Nearly half of Ukrainians held in Russian detention centers in Kherson were subjected to widespread torture including sexual violence, according to a report published Wednesday.
The report reveals analysis of an initial pool of 320 cases of detention in Kherson, across more than 35 identified detention centers. It was compiled by a Mobile Justice Team, part of the UK, EU and US-sponsored Atrocity Crimes Advisory Group (ACA) and set up by international human rights law firm and foundation, Global Rights Compliance, to support Ukraine’s Office of the Prosecutor General (OPG).
Of those victims, at least 43% explicitly mentioned practices of torture in the detention centers, citing sexual violence as a common tactic imposed on them by Russian guards, on both male and female prisoners, with preliminary results showing military personnel were most likely to experience torture in the detention centers. One of the authors of the report says those with families in the military were also targeted.
“A lot is just punishment, and in, in addition to punishment for [their family member’s] actual military service, it’s also punishment, it seems for being a Ukrainian citizen really,” Anna Mykytenko, senior legal adviser and Ukraine country manager for Global Rights Compliance told CNN.
According to the report, at least 36 victims from the pool analyzed mentioned the use of electrocution during interrogations, often genital electrocution by Russian guards. Other victims mentioned threats of genital mutilation, and at least one victim was forced to witness the rape of another detainee by a foreign object covered in a condom.
“In relation to men, it’s more the majority of crimes is sexualized torture, and that’s usually torture of genitalia so that’s a form of punishment [for being Ukrainian] and kind of precludes them from having children,” Mykytenko adds.
The report adds that suffocation, waterboarding, severe beatings and threats of rape were other techniques commonly used against victims by Russian guards in the Kherson torture chambers, according to the specialist unit. Mykytenko says these patterns of rape and torture point towards a Russian intent to eradicate Ukrainian identity.
“There is sort of an intent to destroy or eliminate Ukrainian identity because in some cases, it can be seen that those caught or, sometimes almost hunted for, had Ukrainian flags or other state symbols,” she said.
‘Difficult crime to prove’
Barrister Wayne Jordash, managing partner and co-founder of Global Rights Compliance, shared a similar view.

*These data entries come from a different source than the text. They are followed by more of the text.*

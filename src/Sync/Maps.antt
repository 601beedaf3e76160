-- ===== src/Sync/Maps.antt =====
-- The map of shards that src/indexer/sync.rs iterates: its entries in any order hold the same, and
-- `increasing_checkpoint` adds their lengths.
use mathlib.Core.List.{Permᴰ}
use mathlib.Core.Path.{subst}
use manta_indexer.Prelude.{
  ℕ, ◌+◌, ◌^◌, ◌<◌, ◌≡◌, ◌≢◌, refl, sym, ap, ap₂, ◌∙◌, arith, List, [], ◌∷◌, length, set, get_or,
  length-set, get_or-set_self, get_or-set_ne, All, All-perm, All-zip, Bool-cases, inl, inr, ◌==◌,
  if◌then◌else◌,
}
use manta_indexer.Words.{add64}
use manta_indexer.Types.{ReceiverIndexArray}
use manta_indexer.Sync.{increase_receivers}
use manta_indexer.Sync.Checkpoints.{DistinctKeys}
use manta_indexer.Sync.Entries.{entry}

module _ {A : Type 0} where
  pub entry_absent : (s : ℕ) (m : List (ℕ × List A)) → All (λ q. q.0 ≢ s) m → entry s m ≡ []
  entry_absent s [] h = refl
  entry_absent s ((k, xs) ∷ m) h = ground (arith, h.0, entry_absent s m h.1)

  pub DistinctKeys-perm : {m m' : List (ℕ × List A)} → Permᴰ m m' → DistinctKeys m' → DistinctKeys m
  DistinctKeys-perm Permᴰ.nil h = tt
  DistinctKeys-perm (Permᴰ.cons {l₁ = l1} q p) h = (
    subst (λ x. All {A = ℕ × List A} (λ r. r.0 ≢ x.0) l1) (sym q) (All-perm _ p h.0),
    DistinctKeys-perm p h.1,
  )
  DistinctKeys-perm (Permᴰ.swap {l = l} q q') h = (
    (
      λ r. h.0.0 (sym (ap (λ x. x.0) q) ∙ sym r ∙ ap (λ x. x.0) q'),
      subst (λ x. All {A = ℕ × List A} (λ r. r.0 ≢ x.0) l) (sym q) h.1.0,
    ),
    (subst (λ x. All {A = ℕ × List A} (λ r. r.0 ≢ x.0) l) (sym q') h.0.1, h.1.1),
  )
  DistinctKeys-perm (Permᴰ.trans p q) h = DistinctKeys-perm p (DistinctKeys-perm q h)

  entry_swap :
      (s : ℕ) (a b : ℕ × List A) (m : List (ℕ × List A))
      → b.0 ≢ a.0
      → entry s (b ∷ a ∷ m) ≡ entry s (a ∷ b ∷ m)
  entry_swap s a b m ne = ground (arith, ne)

  pub entry-perm :
      (s : ℕ) {m m' : List (ℕ × List A)} → Permᴰ m m' → DistinctKeys m' → entry s m ≡ entry s m'
  entry-perm s Permᴰ.nil h = refl
  entry-perm s (Permᴰ.cons q p) h =
      ap₂ (λ x ys. if x.0 == s then x.1 else ys) q (entry-perm s p h.1)
  entry-perm s (Permᴰ.swap {l = l} q q') h =
      ap₂ (λ x y. entry s (x ∷ y ∷ l)) q q' ∙ entry_swap s _ _ l h.0.0
  entry-perm s (Permᴰ.trans p q) h = entry-perm s p (DistinctKeys-perm q h) ∙ entry-perm s q h

  -- An index after the map is the one before it and the length of the shard's entry.
  pub get_or-increase_receivers :
      (m : List (ℕ × List A)) (indices : ReceiverIndexArray) (s : ℕ)
      → DistinctKeys m
      → All (λ q. q.0 < length indices) m
      → get_or indices s 0 + length (entry s m) < 2 ^ 64
      → get_or (increase_receivers m indices) s 0 ≡ get_or indices s 0 + length (entry s m)
  unfolding increase_receivers
  get_or-increase_receivers [] indices s distinct fits small = omega arith
  get_or-increase_receivers ((k, xs) ∷ m) indices s distinct fits small =
      let v : ℕ = add64 (get_or indices k 0) (length xs) in
      let width : length (set indices k v) ≡ length indices = length-set indices k v in
      let fits' = subst (λ n. All {A = ℕ × List A} (λ q. q.0 < n) m) (sym width) fits.1 in
      let ih = get_or-increase_receivers m (set indices k v) s distinct.1 fits' in
      elim (Bool-cases (k == s)) [
        | inl same ↦
            let here : k ≡ s = ground (arith, same) in
            let gone : entry s m ≡ [] =
              subst (λ t. entry t m ≡ []) here (entry_absent k m distinct.0) in
            let wrote : get_or (set indices k v) k 0 ≡ v = get_or-set_self indices k v 0 fits.0 in
            ground (arith, ih (ground (arith, here, gone, wrote, small)), here, gone, wrote, small)
        | inr other ↦
            let kept : get_or (set indices k v) s 0 ≡ get_or indices s 0 =
              get_or-set_ne indices k s v 0 (λ q. ground (arith, q, other)) in
            ground (arith, ih (ground (arith, kept, other, small)), kept, other)
      ]

  pub length-increase_receivers :
      (m : List (ℕ × List A)) (indices : ReceiverIndexArray)
      → length (increase_receivers m indices) ≡ length indices
  unfolding increase_receivers
  length-increase_receivers [] indices = refl
  length-increase_receivers ((k, xs) ∷ m) indices =
      length-increase_receivers m _ ∙ length-set indices k _

  -- Every pair of a map is the entry of its key.
  pub entries_own : (m : List (ℕ × List A)) → DistinctKeys m → All (λ q. entry q.0 m ≡ q.1) m
  entries_own [] h = tt
  entries_own ((k, xs) ∷ m) h =
      (ground arith, All-zip (λ q own other. ground (arith, own, other)) m (entries_own m h.1) h.0)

“The torture and sexual violence tactics the Office of the Prosecution is uncovering from the Kherson detention centres suggests that Putin’s plan to extinguish Ukrainian identity includes a range of crimes evocative of genocide,” he said in a statement accompanying the report. “At the very least, the pattern that we are observing is consistent with a cynical and calculated plan to humiliate and terrorise millions of Ukrainian citizens in order to subjugate them to the diktat of the Kremlin.”
Mykytenko does believe some of the patterns seen in Kherson could eventually be considered genocidal, though she acknowledges it is difficult to prove and requires further investigation.
“There are some indicators [of genocide]” she says. “Genocide is a very difficult crime to prove because of the special intent. It’s rarely direct enough to be able to prove beyond reasonable doubt this early, but we are working to provide enough support for the Office of the Prosecutor General for them to be able to establish if the evidence supports this finding.”
Mykytenko says these findings are just a preliminary analysis of some of the detention cases, which she says suggests cases of torture may have been even more prevalent that currently thought. She also says, Ukrainians in regions currently under Russian occupation may be subjected to harsher and more widespread torture.
“Based on the trends that we saw that the longer the occupation was, the more severe are the crimes and the higher numbers of crimes were committed,” she explains, adding that Ukrainian advances on the frontline also intensified the use of torture. “Given the liberation of the parts of the Kherson region last year, I imagine that the there are some crimes committed in retaliation for that.”
“Also maybe this year with the ongoing counter offensive,” she adds, cautioning that on all of this, further investigation is needed.
Russia has repeatedly denied accusations of torture and human rights abuses in Ukraine despite overwhelming evidence to the contrary, investigated, compiled and shared by international human rights organizations and news organizations. Russian officials have not yet commented on the report.